Testing ML demos
The NXP i.MX95 Technical Guide documentation from RidgeRun is presently being developed. |
Introduction
This guide shows how to run a basic Machine Learning demo using the NXP eIQ stack on the Verdin iMX95.
The goal is to validate that the Machine Learning environment is correctly set up and that hardware acceleration (NPU) is working as expected.
About NXP eIQ
The NXP eIQ stack provides a complete environment for developing and deploying Machine Learning applications on i.MX processors. It includes inference engines, compilers, optimized libraries, and tooling required to run neural networks efficiently on embedded systems.
On supported platforms like the Verdin iMX95, inference can be offloaded to dedicated hardware such as the NPU using the OpenVX-based delegates. If needed, workloads can also fall back to CPU execution.
Prerequisites
- A Yocto image with eIQ already integrated
Running the Demo
Once the system is up and running with eIQ support, we are going to use the built-in TensorFlow Lite examples to quickly verify inference on the NPU.

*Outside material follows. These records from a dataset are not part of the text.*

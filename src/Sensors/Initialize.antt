-- ===== src/Sensors/Initialize.antt =====
-- `initializeCommon` and what it calls, sensors/HalProxy.cpp. Both queues that it is given are there:
-- its callers make them, and it uses them before it looks. Whether the platform creates the
-- two event flags, and whether there is a callback, are arguments. The
-- threads have ended when `stopThreads` returns; while they end they may reset the wake lock, at
-- the time `ended`.
pub mod Laws
use device_xiaomi_camellia.Base.{
  ℕ, zero, suc, ◌+◌, Bool, true, false, ◌&&◌, List, [], ◌∷◌, if◌then◌else◌, map,
}
use device_xiaomi_camellia.Sensors.Platform.{Platform, SensorInfo, Result, ok, bad_value, normal}
use device_xiaomi_camellia.Sensors.Wakelock.{Wakelock, reset_shared_wakelock}
use device_xiaomi_camellia.Sensors.EventQueue.{EventQueue, idle}
use device_xiaomi_camellia.Sensors.Proxy.{SubHals, HalProxy, activate, is_ok}

pub record Handover : Type 0 where
  pub event_flag_created : Bool
  pub wakelock_flag_created : Bool
  pub has_callback : Bool
  pub has_event_queue : Bool
  pub has_wake_lock_queue : Bool
  pub event_flag_is_set : Bool

-- The two assignments of `initializeCommon` to the queue of pending events, for which no thread is
-- left, and to their number.
unfoldable pub clear_pending : HalProxy → HalProxy
clear_pending proxy = record proxy { queue = record proxy.queue { pending = []; writer = idle } }

unfoldable pub clear_size : HalProxy → HalProxy
clear_size proxy = record proxy { queue = record proxy.queue { size_pending = 0 } }

module _ {W : Type 0} (p : Platform) (S : SubHals W) where
  -- One of the two loops of `disableAllSensors`.
  disable_sensors : List (ℕ × SensorInfo) → W → W
  disable_sensors [] w = w
  disable_sensors ((handle, info) ∷ sensors) w =
      disable_sensors sensors (activate p S handle false w).1

  unfoldable pub disable_all_sensors : HalProxy → W → W
  unfolding disable_sensors
  disable_all_sensors proxy w =
      disable_sensors proxy.dynamic_sensors (disable_sensors proxy.sensors w)

  -- The loop that initializes the sub-HALs; its result replaces the earlier one on a failure.
  initialize_sub_hals : ℕ → ℕ → Result → W → Result × W
  initialize_sub_hals zero i result w = (result, w)
  initialize_sub_hals (suc left) i result w =
      let (current, w') = S.initialize i w in
      elim (is_ok current) [
        | true ↦ initialize_sub_hals left (i + 1) result w'
        | false ↦ (current, w')
      ]

  abbrev pub is_complete : Handover → Bool
  is_complete h =
      h.event_flag_created
      && h.wakelock_flag_created
      && (h.has_callback && h.has_event_queue && h.has_wake_lock_queue && h.event_flag_is_set)

  unfoldable pub stop_threads : ℕ → Wakelock → Wakelock
  unfolding reset_shared_wakelock
  stop_threads ended w = reset_shared_wakelock ended (record w { threads_run = false })

  -- The parts of `initializeCommon`, none of which holds the mutex of the queue: up to
  -- `disableAllSensors`,
  unfoldable pub halt : ℕ → ℕ → HalProxy → W → HalProxy × W
  unfolding disable_all_sensors stop_threads reset_shared_wakelock
  halt ended now proxy w = (
    record proxy { wakelock = reset_shared_wakelock now (stop_threads ended proxy.wakelock) },
    disable_all_sensors proxy w,
  )

  -- `clear_pending` and `clear_size` above, and the rest.
  unfoldable pub restart : Handover → HalProxy → W → Result × HalProxy × W
  unfolding initialize_sub_hals
  restart h proxy w =
      let (result, w') = initialize_sub_hals S.size 0 (if is_complete h then ok else bad_value) w in
      (
        result,
        record proxy {
          dynamic_sensors = [];
          current_operation_mode = normal;
          wakelock = record proxy.wakelock { threads_run = true };
        },
        w',
      )

  -- The whole of it, while no other thread comes in between.
  unfoldable pub initialize_common : ℕ → ℕ → Handover → HalProxy → W → Result × HalProxy × W
  unfolding halt clear_pending clear_size restart
  initialize_common ended now h proxy w =
      let (stopped, w') = halt ended now proxy w in
      restart h (clear_size (clear_pending stopped)) w'

  -- `initialize_2_1` and `initialize`: the queues and the wrapper of the callback are made here, so
  -- they are there whatever the framework hands over as its callback.
  unfoldable pub initialize :
      ℕ → ℕ → Bool → Bool → Bool → Bool → HalProxy → W → Result × HalProxy × W
  initialize ended now event_flag_created wakelock_flag_created event_flag_is_set
        has_sensors_callback proxy w =
      initialize_common ended now
        (record {
          event_flag_created = event_flag_created;
          wakelock_flag_created = wakelock_flag_created;
          has_callback = true;
          has_event_queue = true;
          has_wake_lock_queue = true;
          event_flag_is_set = event_flag_is_set;
        })
        proxy w
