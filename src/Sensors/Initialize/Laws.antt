-- ===== src/Sensors/Initialize/Laws.antt =====
-- The state that a (re)initialization leaves.
use device_xiaomi_camellia.Base.{◌↔◌, if◌then◌else◌, ℕ, zero, suc, ◌+◌, ◌≡◌, true, [], arith}
use device_xiaomi_camellia.Sensors.Platform.{Platform, Result, ok, bad_value, normal}
use device_xiaomi_camellia.Sensors.EventQueue.Invariant.{IsCounted, total}
use device_xiaomi_camellia.Sensors.Proxy.{SubHals, HalProxy, is_ok}
use device_xiaomi_camellia.Sensors.Initialize.{
  Handover, is_complete, disable_all_sensors, initialize_sub_hals, initialize_common,
}

module _ {W : Type 0} (p : Platform) (S : SubHals W) where
  -- After an initialization nothing is pending, no dynamic sensor is known, the mode is normal and
  -- the threads run; the table of sensors is the old one.
  pub initialize_common_fresh :
      (limit ended now : ℕ) (h : Handover) (proxy : HalProxy) (w : W)
      → IsCounted limit proxy.queue
      → let proxy' = (initialize_common p S ended now h proxy w).1 in
        IsCounted limit proxy'.queue
        × (proxy'.queue.pending ≡ [])
        × (proxy'.queue.handed ≡ proxy.queue.handed)
        × (proxy'.dynamic_sensors ≡ [])
        × (proxy'.current_operation_mode ≡ normal)
        × (proxy'.wakelock.threads_run ≡ true)
        × (proxy'.sensors ≡ proxy.sensors)
  unfolding initialize_common total
  initialize_common_fresh limit ended now h proxy w v = ground arith

  -- The shared wake lock is not released by an initialization, although it is reset twice: both
  -- resets come while the threads are stopped. The events counted before stay counted.
  pub initialize_common_keeps_wakelock :
      (ended now : ℕ) (h : Handover) (proxy : HalProxy) (w : W)
      → let proxy' = (initialize_common p S ended now h proxy w).1 in
        (proxy'.wakelock.ref_count ≡ proxy.wakelock.ref_count)
        × (proxy'.wakelock.held ≡ proxy.wakelock.held)
        × (proxy'.wakelock.timeout_reset_time ≡ now)
  unfolding initialize_common
  initialize_common_keeps_wakelock ended now h proxy w = ground arith

  -- Every sub-HAL from an index on initializes, each in the state that the ones before it leave.
  abbrev pub AllInitialize : ℕ → ℕ → W → Type 0
  AllInitialize zero i w = Unit {0}
  AllInitialize (suc left) i w =
      (is_ok (S.initialize i w).0 ≡ true) × AllInitialize left (i + 1) (S.initialize i w).1

  initialize_sub_hals_lem :
      (left i : ℕ) (r : Result) (w : W)
      → (is_ok (initialize_sub_hals p S left i r w).0 ≡ true)
        ↔ ((is_ok r ≡ true) × AllInitialize left i w)
  unfolding initialize_sub_hals
  initialize_sub_hals_lem zero i r w = (λ h. (h, tt), λ h. h.0)
  initialize_sub_hals_lem (suc left) i r w =
      ground (arith, initialize_sub_hals_lem left (i + 1) r (S.initialize i w).1)

  -- The call succeeds exactly when the platform handed over all that is needed and each sub-HAL
  -- initializes, in the order of the list and after all sensors were switched off.
  pub initialize_common_ok :
      (ended now : ℕ) (h : Handover) (proxy : HalProxy) (w : W)
      → (is_ok (initialize_common p S ended now h proxy w).0 ≡ true)
        ↔ ((is_complete p S h ≡ true) × AllInitialize S.size 0 (disable_all_sensors p S proxy w))
  unfolding initialize_common
  initialize_common_ok ended now h proxy w = ground (
    arith,
    initialize_sub_hals_lem S.size 0 (if is_complete p S h then ok else bad_value)
        (disable_all_sensors p S proxy w),
  )
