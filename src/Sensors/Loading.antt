-- ===== src/Sensors/Loading.antt =====
-- How the proxy finds its sub-HALs: `initializeSubHalListFromConfigFile`, what it calls, and the
-- constructors, sensors/HalProxy.cpp. What the dynamic linker opens and what a library's functions
-- answer, with the versions of the platform, is the parameter `Loader`. A sub-HAL is an `H`.
pub mod Words
pub mod Laws
pub mod Reached
use Prim.Native.String
use device_xiaomi_camellia.Base.{
  ℕ, Bool, true, false, ◌||◌, Option, none, some, List, [], ◌∷◌, ◌++◌, map, String, ◌<>◌, str_eq,
  ◌==◌, if◌then◌else◌,
}
use device_xiaomi_camellia.Sensors.Platform.{Platform, SensorInfo}
use device_xiaomi_camellia.Sensors.SensorList.{Table, initialize_sensor_list}

-- A library: for each of its two functions, if `dlsym` finds it, the version that it writes and the
-- sub-HAL that it returns.
pub record Library (H : Type 0) : Type 0 where
  pub get_sub_hal : Option (ℕ × H)
  pub get_sub_hal_2_1 : Option (ℕ × H)

-- `open_library` is `dlopen`; `lp64` is whether `__LP64__` is defined.
pub record Loader (H : Type 0) : Type 0 where
  pub open_library : String → Option (Library H)
  pub lp64 : Bool
  pub sub_hal_2_0_version : ℕ
  pub sub_hal_2_1_version : ℕ

pub data Wrapper (H : Type 0) : Type 0 where
  v2_0 v2_1 : H → Wrapper H

abbrev pub is_space : String → Bool
is_space c =
    str_eq c " "
    || str_eq c "\n"
    || str_eq c "\t"
    || str_eq c "\r"
    || str_eq c "\u{b}"
    || str_eq c "\u{c}"

-- The parts between single white spaces, empty ones included.
unfoldable pub parts : String → List String
parts String.[] = "" ∷ []
parts (String.◌∷◌ c s) =
    let rest = parts s in
    if is_space (String.◌∷◌ c "")
    then "" ∷ rest
    else elim rest [ [] ↦ String.◌∷◌ c "" ∷ [] | part ∷ more ↦ String.◌∷◌ c part ∷ more ]

unfoldable pub not_empty : List String → List String
not_empty [] = []
not_empty (part ∷ more) = let rest = not_empty more in if str_eq part "" then rest else part ∷ rest

-- What `stream >> word` reads, one word after the other.
unfoldable pub words : String → List String
unfolding parts not_empty
words text = not_empty (parts text)

module _ {H : Type 0} (L : Loader H) where
  abbrev pub sub_hal_share_object_locations : List String
  sub_hal_share_object_locations =
      ""
      ∷ (if L.lp64 then "/vendor/lib64/hw/" else "/vendor/lib/hw/")
      ∷ (if L.lp64 then "/odm/lib64/hw/" else "/odm/lib/hw/")
      ∷ []

  unfoldable pub open_in : List String → String → Option (Library H)
  open_in [] filename = none
  open_in (dir ∷ dirs) filename =
      let later = open_in dirs filename in
      elim (L.open_library (dir <> filename)) [ some handle ↦ some handle | none ↦ later ]

  unfoldable pub get_handle_for_sub_hal_shared_object : String → Option (Library H)
  unfolding open_in
  get_handle_for_sub_hal_shared_object filename = open_in sub_hal_share_object_locations filename

  -- A library that has the function of version 2.0 is not asked for that of version 2.1.
  unfoldable pub add_library : Library H → List (Wrapper H) → List (Wrapper H)
  add_library library sub_hals = elim library.get_sub_hal [
    | some (version, sub_hal) ↦
        if version == L.sub_hal_2_0_version then sub_hals ++ v2_0 sub_hal ∷ [] else sub_hals
    | none ↦ elim library.get_sub_hal_2_1 [
      | none ↦ sub_hals
      | some (version, sub_hal) ↦
          if version == L.sub_hal_2_1_version then sub_hals ++ v2_1 sub_hal ∷ [] else sub_hals
    ]
  ]

  unfoldable pub load_library : String → List (Wrapper H) → List (Wrapper H)
  unfolding add_library
  load_library name sub_hals = elim (get_handle_for_sub_hal_shared_object name) [
    | none ↦ sub_hals
    | some library ↦ add_library library sub_hals
  ]

  unfoldable pub load_libraries : List String → List (Wrapper H) → List (Wrapper H)
  unfolding load_library
  load_libraries [] sub_hals = sub_hals
  load_libraries (name ∷ names) sub_hals = load_libraries names (load_library name sub_hals)

  -- `config` is the text of the file, if it can be opened.
  unfoldable pub initialize_sub_hal_list_from_config_file :
      Option String → List (Wrapper H) → List (Wrapper H)
  unfolding load_libraries words
  initialize_sub_hal_list_from_config_file config sub_hals = elim config [
    | none ↦ sub_hals
    | some text ↦ load_libraries (words text) sub_hals
  ]

  -- `HalProxy()`: the sub-HALs and the table of sensors. `lists` are the sensors that a sub-HAL
  -- lists.
  unfoldable pub hal_proxy :
      Platform → Option String → (Wrapper H → List SensorInfo) → List (Wrapper H) × Table
  unfolding initialize_sub_hal_list_from_config_file
  hal_proxy p config lists =
      let sub_hals = initialize_sub_hal_list_from_config_file config [] in
      (sub_hals, initialize_sensor_list p (map lists sub_hals))

module _ {H : Type 0} where
  -- The constructors that take the sub-HALs.
  unfoldable pub hal_proxy_of :
      Platform → List H → List H → (Wrapper H → List SensorInfo) → List (Wrapper H) × Table
  hal_proxy_of p sub_hal_list sub_hal_list_2_1 lists =
      let sub_hals = map v2_0 sub_hal_list ++ map v2_1 sub_hal_list_2_1 in
      (sub_hals, initialize_sensor_list p (map lists sub_hals))

-- `getSensorsList_2_1` and `getSensorsList`; the conversion is the platform's.
unfoldable pub get_sensors_list_2_1 : List (ℕ × SensorInfo) → List SensorInfo
get_sensors_list_2_1 sensors = map (λ entry. entry.1) sensors

unfoldable pub get_sensors_list : {A : Type 0} → (SensorInfo → A) → List (ℕ × SensorInfo) → List A
get_sensors_list convert_to_old_sensor_info sensors =
    map (λ entry. convert_to_old_sensor_info entry.1) sensors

Navigate to the examples directory on the target:
cd /usr/bin/tensorflow-lite-2.16.2/examples/
Note: The TensorFlow Lite version may differ depending on your image. Adjust the path if needed.
The demo uses a pre-trained MobileNet V1 model to classify the sample image grace_hopper.bmp.
To run inference on the NPU (recommended for Verdin iMX95), execute:
./label_image \ -m mobilenet_v1_1.0_224_quant.tflite \ -i grace_hopper.bmp \ -l labels.txt \ --external_delegate_path=/usr/lib/libneutron_delegate.so
Performance (Verdin iMX95)
Running this demo on the Verdin iMX95 with NPU acceleration yields the following results:
| Backend | Inference Time | FPS |
|---|---|---|
| NPU | 0.16 ms | 6172.84 |
| CPU | 13.20 ms | 75.75 |
These results highlight the significant performance improvement when using the NPU compared to CPU-based inference.
Notes
- The provided demo is part of the eIQ package and is useful for quick validation of the ML stack.
- The MobileNet V1 model is commonly used for benchmarking due to its balance between accuracy and performance.